-- ===== src/Tests/Client.antt =====
-- The client's actor at concrete requests and datagrams.
use iroh_content_discovery.Prelude.{
  ℕ, ◌+◌, ◌≤◌, ◌≡◌, refl, true, false, none, some, List, [], ◌∷◌, ◌++◌, replicate, take, drop, ltb,
  err, ℕ_discrete,
}
use iroh_content_discovery.Prelude.Maps.{lookup, remove, every}
use iroh_content_discovery.Prelude.Sets
use iroh_content_discovery.Prelude.Sets.{contains, discard}
use iroh_content_discovery.Prelude.Sort.{sort}
use iroh_content_discovery.Net.{SocketAddrV4, addr_discrete}
use iroh_content_discovery.Proto.{encode, decode, magic}
use iroh_content_discovery.Discovery.Client.{
  Actor, published, publish, resolve, timeout, handle_message, finish_publish, finish_resolve,
  publish_result, resolve_result, bytes_discrete, bytes_ltb, PendingPublish,
}
use iroh_content_discovery.Discovery.Client.Packets.{
  handle_packet, on_response, on_prepared, on_stored, on_value, take_value,
}
use iroh_content_discovery.Discovery.Client.Timer.{
  next_deadline, publish_deadlines, resolve_deadlines, flush_expired, finish_each,
  expired_publishes, expired_resolves,
}
use iroh_content_discovery.Discovery.Client.Puts.{
  handle_packets, handle_packets-slots, sends_to, slots,
}
use iroh_content_discovery.Discovery.Client.Run.{Event, message, deadline_passed, handle, run}
use iroh_content_discovery.Discovery.Client.Answers.{IsValid}
use iroh_content_discovery.Discovery.Client.Exchange.{Serves, run-Serves}
use iroh_content_discovery.Discovery.Client.Expiry.{flush_expired_left}
use iroh_content_discovery.Tests.Postcard.{postcard, to_slice, from_bytes}

program : Unit {0}
unfolding encode decode to_slice from_bytes replicate take drop lookup remove contains discard
    Sets.insert sort addr_discrete ℕ_discrete handle_message handle_packet flush_expired finish_each
    expired_publishes expired_resolves finish_publish finish_resolve publish_result resolve_result
    bytes_discrete bytes_ltb on_response on_prepared on_stored on_value take_value handle_packets
    handle run next_deadline publish_deadlines resolve_deadlines
program = tt

abbrev server : SocketAddrV4
server = record { ip = 0xcb007105; port = 60125 }

abbrev other_server : SocketAddrV4
other_server = record { ip = 0xcb007106; port = 60125 }

abbrev own : SocketAddrV4
own = record { ip = 0xcb007107; port = 6881 }

abbrev value_for : SocketAddrV4 → List ℕ
value_for addr = addr.port ∷ []

abbrev idle : Actor
idle = record { servers = server ∷ other_server ∷ []; publishes = []; resolves = []; timeout = 10 }

abbrev waiting_publish : PendingPublish
waiting_publish = record {
  value = value_for;
  too_large = false;
  awaiting = server ∷ other_server ∷ [];
  prepared = [];
  stored = [];
  response = 1;
  deadline = 10;
}

abbrev busy : Actor
busy = record idle { publishes = (7, waiting_publish) ∷ [] }

idle-IsValid : IsValid idle
idle-IsValid = record {
  publishes_distinct = tt;
  resolves_distinct = tt;
  publishes_wait = refl;
  resolves_wait = refl;
}

busy-IsValid : IsValid busy
unfolding lookup
busy-IsValid = record {
  publishes_distinct = (refl, tt);
  resolves_distinct = tt;
  publishes_wait = refl;
  resolves_wait = refl;
}

abbrev events : List Event
events =
    message (publish value_for 1) 7 0 ∷ message (resolve own none 2) 8 1 ∷ deadline_passed 10 ∷ []

run-Serves_example : Serves 1 idle 1 (run postcard idle events)
unfolding program
run-Serves_example =
    run-Serves 1 postcard idle events idle-IsValid ((refl, refl), ((refl, refl), (tt, tt)))

flush_expired_left_example :
    (every (λ p. ltb 10 p.deadline) (flush_expired 10 busy).0.publishes ≡ true)
    × (every (λ p. ltb 10 p.deadline) (flush_expired 10 busy).0.resolves ≡ true)
flush_expired_left_example = flush_expired_left 10 busy busy-IsValid

-- The deadline answers the publish, and only it.
flush_busy : (flush_expired 10 busy).1 ≡ published 1 (err timeout) ∷ []
unfolding program
flush_busy = refl

-- `prepared` from the server, repeated.
abbrev prepared_datagram : List ℕ
prepared_datagram = magic ++ (1 ∷ 0 ∷ 0 ∷ 7 ∷ 0xcb007107 ∷ 0 ∷ 0 ∷ 0 ∷ 6881 ∷ replicate 16 5)

abbrev repeated : List (List ℕ × SocketAddrV4)
repeated = (prepared_datagram, server) ∷ (prepared_datagram, server) ∷ []

handle_packets-slots_example :
    sends_to server (handle_packets postcard busy repeated).1
      + slots server (handle_packets postcard busy repeated).0.publishes
    ≤ slots server busy.publishes
handle_packets-slots_example = handle_packets-slots server postcard busy repeated

-- The value is sent once, and the other server is still awaited.
sends_repeated : sends_to server (handle_packets postcard busy repeated).1 ≡ 1
unfolding program
sends_repeated = refl

slots_left : slots server (handle_packets postcard busy repeated).0.publishes ≡ 0
unfolding program
slots_left = refl

busy-next_deadline : next_deadline busy ≡ some 10
unfolding program
busy-next_deadline = refl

◆ ◆ ◆ ◆ ◆

- EXERCISE BRIEF: Copy the lines above exactly. Start with the line containing "repeated = (prepared_datagram, server)", end with the line containing "-- The value", and include both.

- RESPONSE TO THIS EXERCISE:
repeated = (prepared_datagram, server) ∷ (prepared_datagram, server) ∷ []

handle_packets-slots_example :
    sends_to server (handle_packets postcard busy repeated).1
      + slots server (handle_packets postcard busy repeated).0.publishes
    ≤ slots server busy.publishes
handle_packets-slots_example = handle_packets-slots server postcard busy repeated

-- The value is sent once, and the other server is still awaited.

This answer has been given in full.